[Opening DATA PROVIDED section]

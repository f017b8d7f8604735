-- ===== src/Ptp/Camera.antt =====
-- The camera operations of drivers/core/canon-r5-ptp.c that are one PTP command each. What a
-- function writes through an output pointer is an `Option` beside its status: `none` if it writes
-- nothing.
use canon_r.Prelude.{
  ℕ, List, [], ◌∷◌, Option, none, some, replicate, if◌then◌else◌, ◌||◌, ℤ, to_int, failed, success,
  einval, M, ◌>>=◌, return, Ptr, null, valid, is_null,
}
use canon_r.Wire.{Byte}
use canon_r.Device.{Core}
use canon_r.Ptp.{TransportOps, ptp_command}
use canon_r.Ptp.Session.{simple_command, checked_command}

abbrev pub op_get_device_info : ℕ
op_get_device_info = 0x1001

abbrev pub op_initiate_release_control : ℕ
op_initiate_release_control = 0x9128

abbrev pub op_terminate_release_control : ℕ
op_terminate_release_control = 0x9129

abbrev pub op_liveview_start : ℕ
op_liveview_start = 0x9153

abbrev pub op_liveview_stop : ℕ
op_liveview_stop = 0x9154

abbrev pub op_get_liveview : ℕ
op_get_liveview = 0x9155

abbrev pub op_capture : ℕ
op_capture = 0x9116

abbrev pub op_movie_start : ℕ
op_movie_start = 0x915E

abbrev pub op_movie_stop : ℕ
op_movie_stop = 0x915F

abbrev pub op_get_property : ℕ
op_get_property = 0x9127

abbrev pub op_set_property : ℕ
op_set_property = 0x9110

abbrev pub canon_usb_vid : ℕ
canon_usb_vid = 0x04A9

pub record PtpDeviceInfo : Type 0 where
  pub standard_version : ℕ  -- u16
  pub vendor_extension_id : ℕ  -- u32
  pub vendor_extension_version : ℕ  -- u16
  pub vendor_extension_desc : Ptr
  pub functional_mode : ℕ  -- u16
  pub operations_supported : Ptr
  pub events_supported : Ptr
  pub device_properties_supported : Ptr
  pub capture_formats : Ptr
  pub image_formats : Ptr
  pub manufacturer : Ptr
  pub model : Ptr
  pub device_version : Ptr
  pub serial_number : Ptr

-- What is written to `*info`: zeroed memory with two fields set.
abbrev pub basic_info : PtpDeviceInfo
basic_info = record {
  standard_version = 0x0100;
  vendor_extension_id = canon_usb_vid;
  vendor_extension_version = 0;
  vendor_extension_desc = null;
  functional_mode = 0;
  operations_supported = null;
  events_supported = null;
  device_properties_supported = null;
  capture_formats = null;
  image_formats = null;
  manufacturer = null;
  model = null;
  device_version = null;
  serial_number = null;
}

module _ {E : Type 0} where
  unfoldable pub ptp_get_device_info :
      TransportOps E → Ptr → Ptr → M (Core E) (ℤ × Option PtpDeviceInfo)
  ptp_get_device_info ops dev info =
      if is_null dev || is_null info then return (einval, none) else do
        r ← simple_command ops op_get_device_info []
        if failed r.0 then return (r.0, none) else return (success, some basic_info)

  unfoldable pub ptp_initiate_release_control : TransportOps E → Ptr → M (Core E) ℤ
  ptp_initiate_release_control ops null = return einval
  ptp_initiate_release_control ops valid = checked_command ops op_initiate_release_control []

  -- A failure to terminate is only logged.
  unfoldable pub ptp_terminate_release_control : TransportOps E → Ptr → M (Core E) ℤ
  ptp_terminate_release_control ops null = return einval
  ptp_terminate_release_control ops valid = do
    r ← simple_command ops op_terminate_release_control []
    return success

  unfoldable pub ptp_liveview_start : TransportOps E → Ptr → M (Core E) ℤ
  ptp_liveview_start ops null = return einval
  ptp_liveview_start ops valid = checked_command ops op_liveview_start []

  unfoldable pub ptp_liveview_stop : TransportOps E → Ptr → M (Core E) ℤ
  ptp_liveview_stop ops null = return einval
  ptp_liveview_stop ops valid = do r ← simple_command ops op_liveview_stop []; return success

  -- Writes a NULL frame of size 0: the retrieval of the data is not written yet.
  unfoldable pub ptp_get_liveview_frame :
      TransportOps E → Ptr → Ptr → Ptr → M (Core E) (ℤ × Option (Ptr × ℕ))
  ptp_get_liveview_frame ops dev frame_data frame_size =
      if is_null dev || (is_null frame_data || is_null frame_size)
      then return (einval, none)
      else do
        r ← simple_command ops op_get_liveview []
        if failed r.0 then return (r.0, none) else return (success, some (null, 0))

  unfoldable pub ptp_capture_image : TransportOps E → Ptr → M (Core E) ℤ
  ptp_capture_image ops null = return einval
  ptp_capture_image ops valid = checked_command ops op_capture []

  unfoldable pub ptp_start_movie : TransportOps E → Ptr → M (Core E) ℤ
  ptp_start_movie ops null = return einval
  ptp_start_movie ops valid = checked_command ops op_movie_start []

  unfoldable pub ptp_stop_movie : TransportOps E → Ptr → M (Core E) ℤ
  ptp_stop_movie ops null = return einval
  ptp_stop_movie ops valid = do r ← simple_command ops op_movie_stop []; return success

  -- Writes zeros to the whole of `value`: the parsing of the data is not written yet.
  unfoldable pub ptp_get_property :
      TransportOps E → Ptr → ℕ → Ptr → ℕ → M (Core E) (ℤ × Option (List ℕ))
  ptp_get_property ops dev property value value_size =
      if is_null dev || is_null value then return (einval, none) else do
        r ← simple_command ops op_get_property (property ∷ [])
        if failed r.0 then return (r.0, none) else return (success, some (replicate value_size 0))

  -- The size is a size_t here and an int in `ptp_command`.
  unfoldable pub ptp_set_property : TransportOps E → Ptr → ℕ → Option (List Byte) → ℕ → M (Core E) ℤ
  ptp_set_property ops null property value value_size = return einval
  ptp_set_property ops valid property none value_size = return einval
  ptp_set_property ops valid property (some value) value_size = do
    r ← ptp_command ops valid op_set_property (property ∷ []) (some value) (to_int value_size) valid
    if failed r.0 then return r.0 else return success
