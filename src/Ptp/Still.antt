-- ===== src/Ptp/Still.antt =====
-- The still capture operations at the end of drivers/core/canon-r5-ptp.c. Those that the source
-- marks as stubs check their pointers and send nothing.
use canon_r.Prelude.{
  ℕ, [], ◌∷◌, Bool, true, false, Option, none, some, ltb, ◌==◌, if◌then◌else◌, ◌||◌, ℤ, failed,
  success, einval, eio, eagain, enodata, M, ◌>>=◌, return, Ptr, null, valid, is_null,
}
use canon_r.Device.{Core}
use canon_r.Ptp.{TransportOps}
use canon_r.Ptp.Session.{simple_command, checked_command, not_ok}
use canon_r.Ptp.Camera.{op_capture}

abbrev pub op_capture_burst : ℕ
op_capture_burst = 0x9160

abbrev pub op_autofocus : ℕ
op_autofocus = 0x915C

abbrev pub is_code : ℕ → Option ℕ → Bool
is_code n none = false
is_code n (some rc) = rc == n

module _ {E : Type 0} where
  unfoldable pub ptp_capture_single : TransportOps E → Ptr → M (Core E) ℤ
  ptp_capture_single ops null = return einval
  ptp_capture_single ops valid = checked_command ops op_capture []

  unfoldable pub ptp_capture_burst : TransportOps E → Ptr → ℕ → M (Core E) ℤ
  ptp_capture_burst ops null count = return einval
  ptp_capture_burst ops valid count =
      if count == 0 || ltb 999 count
      then return einval
      else checked_command ops op_capture_burst (count ∷ [])

  -- The last test tells "focus failed" from the other errors.
  unfoldable pub ptp_autofocus : TransportOps E → Ptr → M (Core E) ℤ
  ptp_autofocus ops null = return einval
  ptp_autofocus ops valid = do
    r ← simple_command ops op_autofocus []
    if failed r.0
        then return r.0
        else if not_ok r.1
        then return (if is_code 0x2019 r.1 then eagain else eio)
        else return success

  unfoldable pub ptp_manual_focus : Ptr → ℕ → M (Core E) ℤ
  ptp_manual_focus null position = return einval
  ptp_manual_focus valid position = return success

  unfoldable pub ptp_get_focus_info : Ptr → Ptr → Ptr → M (Core E) (ℤ × Option (ℕ × Bool))
  ptp_get_focus_info dev position achieved =
      if is_null dev || (is_null position || is_null achieved)
      then return (einval, none)
      else return (success, some (100, true))

  unfoldable pub ptp_set_image_quality : Ptr → ℕ → ℕ → ℕ → M (Core E) ℤ
  ptp_set_image_quality null format size quality = return einval
  ptp_set_image_quality valid format size quality = return success

  unfoldable pub ptp_get_image_quality : Ptr → Ptr → Ptr → Ptr → M (Core E) (ℤ × Option (ℕ × ℕ × ℕ))
  ptp_get_image_quality dev format size quality =
      if is_null dev || (is_null format || (is_null size || is_null quality))
      then return (einval, none)
      else return (success, some (0, 1, 8))

  unfoldable pub ptp_bulb_start : Ptr → M (Core E) ℤ
  ptp_bulb_start null = return einval
  ptp_bulb_start valid = return success

  unfoldable pub ptp_bulb_end : Ptr → M (Core E) ℤ
  ptp_bulb_end null = return einval
  ptp_bulb_end valid = return success

  unfoldable pub ptp_set_bracketing : Ptr → ℕ → ℤ → M (Core E) ℤ
  ptp_set_bracketing null shots step = return einval
  ptp_set_bracketing valid shots step = return success

  unfoldable pub ptp_get_battery_info : Ptr → Ptr → Ptr → M (Core E) (ℤ × Option (ℕ × ℕ))
  ptp_get_battery_info dev level status =
      if is_null dev || (is_null level || is_null status)
      then return (einval, none)
      else return (success, some (85, 1))

  -- The data pointer and the size that it writes, with a status that says there is no data.
  unfoldable pub ptp_get_captured_image : Ptr → ℕ → Ptr → Ptr → M (Core E) (ℤ × Option (Ptr × ℕ))
  ptp_get_captured_image dev object_id image size =
      if is_null dev || (is_null image || is_null size)
      then return (einval, none)
      else return (enodata, some (null, 0))
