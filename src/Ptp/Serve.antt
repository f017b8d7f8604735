-- ===== src/Ptp/Serve.antt =====
-- The operations of the PTP layer as requests, and what holds after any sequence of them.
use canon_r.Prelude.{
  ℕ, ◌%◌, ◌^◌, ◌≤◌, ◌≡◌, ◌≢◌, refl, ap, ◌∙◌, ◌⊎◌, inl, inr, true, false, List, [], ◌∷◌, Option,
  none, some, length, replicate, arith, ltb, ◌==◌, ◌||◌, ℤ, to_int, failed, success, M, Ends,
  Ends-bind, Ends-mono, if-Ends, null, valid, Bool-cases, ◌>>=◌, return, if◌then◌else◌, einval,
}
use canon_r.Wire.{Byte}
use canon_r.Device.{Core, Device}
use canon_r.Ptp.{TransportOps}
use canon_r.Ptp.Transport.{IsTransport}
use canon_r.Ptp.Command.{Exchanged, Covers, ptp_command-Exchanged}
use canon_r.Ptp.Session.{
  not_ok, simple_command, checked_command, ptp_open_session, ptp_close_session,
}
use canon_r.Ptp.Camera.{
  basic_info, ptp_get_device_info, ptp_initiate_release_control, ptp_terminate_release_control,
  ptp_liveview_start, ptp_liveview_stop, ptp_get_liveview_frame, ptp_capture_image, ptp_start_movie,
  ptp_stop_movie, ptp_get_property, ptp_set_property, op_set_property, op_get_property,
  op_get_liveview, op_get_device_info,
}
use canon_r.Ptp.Still.{op_autofocus, ptp_capture_single, ptp_capture_burst, ptp_autofocus}
use canon_r.Ptp.Requests.{
  SessionInv, Framed, Framed-Inv, Exchanged-Framed, simple_command-Ends, Checked,
  checked_command-Ends,
}
use canon_r.Ptp.Lifecycle.{Session, Session-Inv, ptp_open_session-Ends, ptp_close_session-Ends}

-- A call that another module may make, with its pointers valid.
pub data Request : Type 0 where
  open_session close_session device_info initiate_release terminate_release : Request
  liveview_start liveview_stop liveview_frame capture_image movie_start movie_stop : Request
  get_property : ℕ → ℕ → Request
  set_property : ℕ → (value : List Byte) (size : ℕ) → size ≤ length value → Request
  capture_single autofocus : Request
  capture_burst : ℕ → Request

module _ {E : Type 0} where
  abbrev status : {A : Type 0} → M (Core E) (ℤ × A) → M (Core E) ℤ
  status m = do r ← m; return r.0

  pub serve : TransportOps E → Request → M (Core E) ℤ
  serve ops open_session = ptp_open_session ops valid
  serve ops close_session = ptp_close_session ops valid
  serve ops device_info = status (ptp_get_device_info ops valid valid)
  serve ops initiate_release = ptp_initiate_release_control ops valid
  serve ops terminate_release = ptp_terminate_release_control ops valid
  serve ops liveview_start = ptp_liveview_start ops valid
  serve ops liveview_stop = ptp_liveview_stop ops valid
  serve ops liveview_frame = status (ptp_get_liveview_frame ops valid valid valid)
  serve ops capture_image = ptp_capture_image ops valid
  serve ops movie_start = ptp_start_movie ops valid
  serve ops movie_stop = ptp_stop_movie ops valid
  serve ops (get_property p size) = status (ptp_get_property ops valid p valid size)
  serve ops (set_property p value size h) = ptp_set_property ops valid p (some value) size
  serve ops capture_single = ptp_capture_single ops valid
  serve ops autofocus = ptp_autofocus ops valid
  serve ops (capture_burst n) = ptp_capture_burst ops valid n

  pub serve_all : TransportOps E → List Request → M (Core E) (Unit {0})
  serve_all ops [] = return tt
  serve_all ops (q ∷ qs) = do ret ← serve ops q; serve_all ops qs

Covers-to_int :
    (value : List Byte) (size : ℕ) → size ≤ length value → Covers (some value) (to_int size)
unfolding to_int
Covers-to_int value size h = elim (Bool-cases (ltb (size % 2 ^ 32) (2 ^ 31))) [
  | inl e ↦ rw e (omega arith)
  | inr e ↦ rw e tt
]

-- What a request may do to the device: open the session, close it, or only move the counter.
abbrev Moves : {E : Type 0} → (E → Type 0) → Core E → Core E → Type 0
Moves Good c c' = Framed Good c c' ⊎ (Session Good 1 true c c' ⊎ Session Good 0 false c c')

-- The device of `c` but for its PTP part.
abbrev pub SameOutside : {E : Type 0} → Core E → Core E → Type 0
SameOutside c c' = c'.dev ≡ record (c.dev) { ptp = c'.dev.ptp }

-- What holds between two operations: of the device, and of what lies behind the transport.
abbrev pub Settled : {E : Type 0} → (E → Type 0) → Core E → Type 0
Settled Good c = SessionInv c.dev × Good c.env

module _ {E : Type 0} {Good : E → Type 0} (ops : TransportOps E) (t : IsTransport Good ops) where
  -- An operation that makes one command and then answers without touching the device.
  after_command :
      {A : Type 0} (code : ℕ) (ps : List ℕ) (f : ℤ × Option ℕ → M (Core E) A) (c : Core E)
      → Settled Good c
      → length ps ≤ 5
      → ((r : ℤ × Option ℕ) (c' : Core E)
          → Framed Good c c'
          → Ends (λ _ c''. Framed Good c c'') (f r c'))
      → Ends (λ _ c'. Framed Good c c') ((simple_command ops code ps >>= f) c)
  after_command code ps f c v h pure =
      Ends-bind (Exchanged Good code c) (λ _ c'. Framed Good c c') _ f
        (simple_command-Ends ops t code ps c v.0 v.1 h)
        λ r c' x. pure r c' (Exchanged-Framed Good code c r c' v.0 x)

  -- The branch on the status that such an operation ends with.
  after_either :
      {A : Type 0} (code : ℕ) (ps : List ℕ) (p q : ℤ × Option ℕ → A) (c : Core E)
      → Settled Good c
      → length ps ≤ 5
      → Ends
          (λ _ c'. Framed Good c c')
          ((do r ← simple_command ops code ps; if failed r.0 then return (p r) else return (q r)) c)
  after_either code ps p q c v h = after_command code ps _ c v h λ r c' k.
      if-Ends (λ _ c''. Framed Good c c'') (failed r.0) (return (p r)) (return (q r)) c' k k

  checked-Framed :
      (code : ℕ) (ps : List ℕ) (c : Core E)
      → Settled Good c
      → length ps ≤ 5
      → Ends (λ _ c'. Framed Good c c') (checked_command ops code ps c)
  checked-Framed code ps c v h =
      Ends-mono (Checked Good code c) (λ _ c'. Framed Good c c') _
        (checked_command-Ends ops t code ps c v.0 v.1 h) (λ _ _ p. p.0)

  status-Framed :
      {A : Type 0} (m : M (Core E) (ℤ × A)) (c : Core E)
      → Ends (λ _ c'. Framed Good c c') (m c)
      → Ends (λ _ c'. Framed Good c c') (status m c)
  status-Framed m c h =
      Ends-bind (λ _ c'. Framed Good c c') (λ _ c'. Framed Good c c') (m c) _ h (λ _ _ k. k)

  -- Every operation but the two of the session is `Framed`.
  serve-Framed :
      (q : Request) (c : Core E)
      → Settled Good c
      → (q ≢ open_session) × (q ≢ close_session)
      → Ends (λ _ c'. Framed Good c c') (serve ops q c)
  unfolding serve ptp_get_device_info ptp_initiate_release_control ptp_terminate_release_control
      ptp_liveview_start ptp_liveview_stop ptp_get_liveview_frame ptp_capture_image ptp_start_movie
      ptp_stop_movie ptp_get_property ptp_set_property ptp_capture_single ptp_capture_burst
      ptp_autofocus
  serve-Framed open_session c v h = absurd (h.0 refl)
  serve-Framed close_session c v h = absurd (h.1 refl)
  serve-Framed device_info c v h = status-Framed (ptp_get_device_info ops valid valid) c (
      after_either op_get_device_info [] (λ r. (r.0, none)) (λ _. (success, some basic_info)) c v
        (omega arith))
  serve-Framed initiate_release c v h = checked-Framed _ [] c v (omega arith)
  serve-Framed terminate_release c v h = after_command _ [] _ c v (omega arith) λ r c' k. k
  serve-Framed liveview_start c v h = checked-Framed _ [] c v (omega arith)
  serve-Framed liveview_stop c v h = after_command _ [] _ c v (omega arith) λ r c' k. k
  serve-Framed liveview_frame c v h =
      status-Framed (ptp_get_liveview_frame ops valid valid valid) c (
        after_either op_get_liveview [] (λ r. (r.0, none)) (λ _. (success, some (null, 0))) c v
          (omega arith))
  serve-Framed capture_image c v h = checked-Framed _ [] c v (omega arith)
  serve-Framed movie_start c v h = checked-Framed _ [] c v (omega arith)
  serve-Framed movie_stop c v h = after_command _ [] _ c v (omega arith) λ r c' k. k
  serve-Framed (get_property p size) c v h =
      status-Framed (ptp_get_property ops valid p valid size) c (
        after_either op_get_property (p ∷ []) (λ r. (r.0, none))
          (λ _. (success, some (replicate size 0))) c v (omega arith))
  serve-Framed (set_property p value size hs) c v h =
      Ends-bind (Exchanged Good op_set_property c) (λ _ c'. Framed Good c c') _ _
        (ptp_command-Exchanged ops t c op_set_property (p ∷ []) (some value) (to_int size) v.1
          v.0.idle (omega arith) (Covers-to_int value size hs))
        λ r c' x.
          let k = Exchanged-Framed Good op_set_property c r c' v.0 x in
          if-Ends (λ _ c''. Framed Good c c'') (failed r.0) (return r.0) (return success) c' k k
  serve-Framed capture_single c v h = checked-Framed _ [] c v (omega arith)
  serve-Framed autofocus c v h = after_command op_autofocus [] _ c v (omega arith) λ r c' k.
      if-Ends (λ _ c''. Framed Good c c'') (failed r.0) _ _ c' k
        (if-Ends (λ _ c''. Framed Good c c'') (not_ok r.1) _ _ c' k k)
  serve-Framed (capture_burst n) c v h =
      if-Ends (λ _ c'. Framed Good c c') (n == 0 || ltb 999 n) (return einval) _ c
        (record { frame = refl; counter = v.0.counter; alive = v.1 })
        (checked-Framed _ (n ∷ []) c v (omega arith))

  serve-Moves :
      (q : Request) (c : Core E) → Settled Good c → Ends (λ _ c'. Moves Good c c') (serve ops q c)
  unfolding serve
  serve-Moves open_session c v =
      Ends-mono
        (λ ret c'.
          ((ret ≡ success) × Session Good 1 true c c') ⊎ ((failed ret ≡ true) × Framed Good c c'))
        (λ _ c'. Moves Good c c') _ (ptp_open_session-Ends ops t c v.0 v.1) opened_or_not
    where
      opened_or_not :
          (ret : ℤ) (c' : Core E)
          → (((ret ≡ success) × Session Good 1 true c c')
              ⊎ ((failed ret ≡ true) × Framed Good c c'))
          → Moves Good c c'
      opened_or_not ret c' (inl p) = inr (inl p.1)
      opened_or_not ret c' (inr p) = inl p.1
  serve-Moves close_session c v =
      Ends-mono (λ ret c'. (ret ≡ success) × Session Good 0 false c c') (λ _ c'. Moves Good c c') _
        (ptp_close_session-Ends ops t c v.0 v.1) (λ _ _ p. inr (inr p.1))
  serve-Moves q c v =
      Ends-mono (λ _ c'. Framed Good c c') (λ _ c'. Moves Good c c') _
        (serve-Framed q c v (λ e. cc, λ e. cc)) (λ _ _ k. inl k)

  Moves-Settled :
      (c c' : Core E) → Settled Good c → Moves Good c c' → Settled Good c' × SameOutside c c'
  Moves-Settled c c' v (inl f) = ((Framed-Inv Good c c' v.0 f, f.alive), ground (arith, f.frame))
  Moves-Settled c c' v (inr (inl s)) =
      ((Session-Inv Good c c' true v.0 s, s.2), ground (arith, s.0))
  Moves-Settled c c' v (inr (inr s)) =
      ((Session-Inv Good c c' false v.0 s, s.2), ground (arith, s.0))

  -- Over a transport as the layer relies on, and from a settled device, any sequence of PTP
  -- operations runs to its end without a deadlock or a read past an object. It leaves the
  -- device settled (the mutex free, the session's number and its flag in step, the counter a
  -- u32) and touches nothing of it outside its PTP part.
  pub serve_all-Settled :
      (qs : List Request) (c : Core E)
      → Settled Good c
      → Ends (λ _ c'. Settled Good c' × SameOutside c c') (serve_all ops qs c)
  unfolding serve_all
  serve_all-Settled [] c v = (v, refl)
  serve_all-Settled (q ∷ qs) c v =
      Ends-bind (λ _ c'. Moves Good c c') (λ _ c'. Settled Good c' × SameOutside c c') _ _
        (serve-Moves q c v)
        λ ret c1 m.
          let (v1, o1) = Moves-Settled c c1 v m in
          Ends-mono (λ _ c'. Settled Good c' × SameOutside c1 c')
            (λ _ c'. Settled Good c' × SameOutside c c') _ (serve_all-Settled qs c1 v1)
            (λ _ c2 p.
              (p.0, p.1 ∙ ap {A = Device} {B = Device} (λ d. record d { ptp = c2.dev.ptp }) o1))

[Closing DATA PROVIDED section]

INSTRUCTIONS TO FOLLOW:
Find "Moves-Settled c c' v (inr (inr" in the records above. Repeat its line and every later line exactly, through the last one.

RESULT BELOW:
  Moves-Settled c c' v (inr (inr s)) =
      ((Session-Inv Good c c' false v.0 s, s.2), ground (arith, s.0))

  -- Over a transport as the layer relies on, and from a settled device, any sequence of PTP
  -- operations runs to its end without a deadlock or a read past an object. It leaves the
  -- device settled (the mutex free, the session's number and its flag in step, the counter a
  -- u32) and touches nothing of it outside its PTP part.
  pub serve_all-Settled :
      (qs : List Request) (c : Core E)
      → Settled Good c
      → Ends (λ _ c'. Settled Good c' × SameOutside c c') (serve_all ops qs c)
  unfolding serve_all
  serve_all-Settled [] c v = (v, refl)
  serve_all-Settled (q ∷ qs) c v =
      Ends-bind (λ _ c'. Moves Good c c') (λ _ c'. Settled Good c' × SameOutside c c') _ _
        (serve-Moves q c v)
        λ ret c1 m.
          let (v1, o1) = Moves-Settled c c1 v m in
          Ends-mono (λ _ c'. Settled Good c' × SameOutside c1 c')
            (λ _ c'. Settled Good c' × SameOutside c c') _ (serve_all-Settled qs c1 v1)
            (λ _ c2 p.
              (p.0, p.1 ∙ ap {A = Device} {B = Device} (λ d. record d { ptp = c2.dev.ptp }) o1))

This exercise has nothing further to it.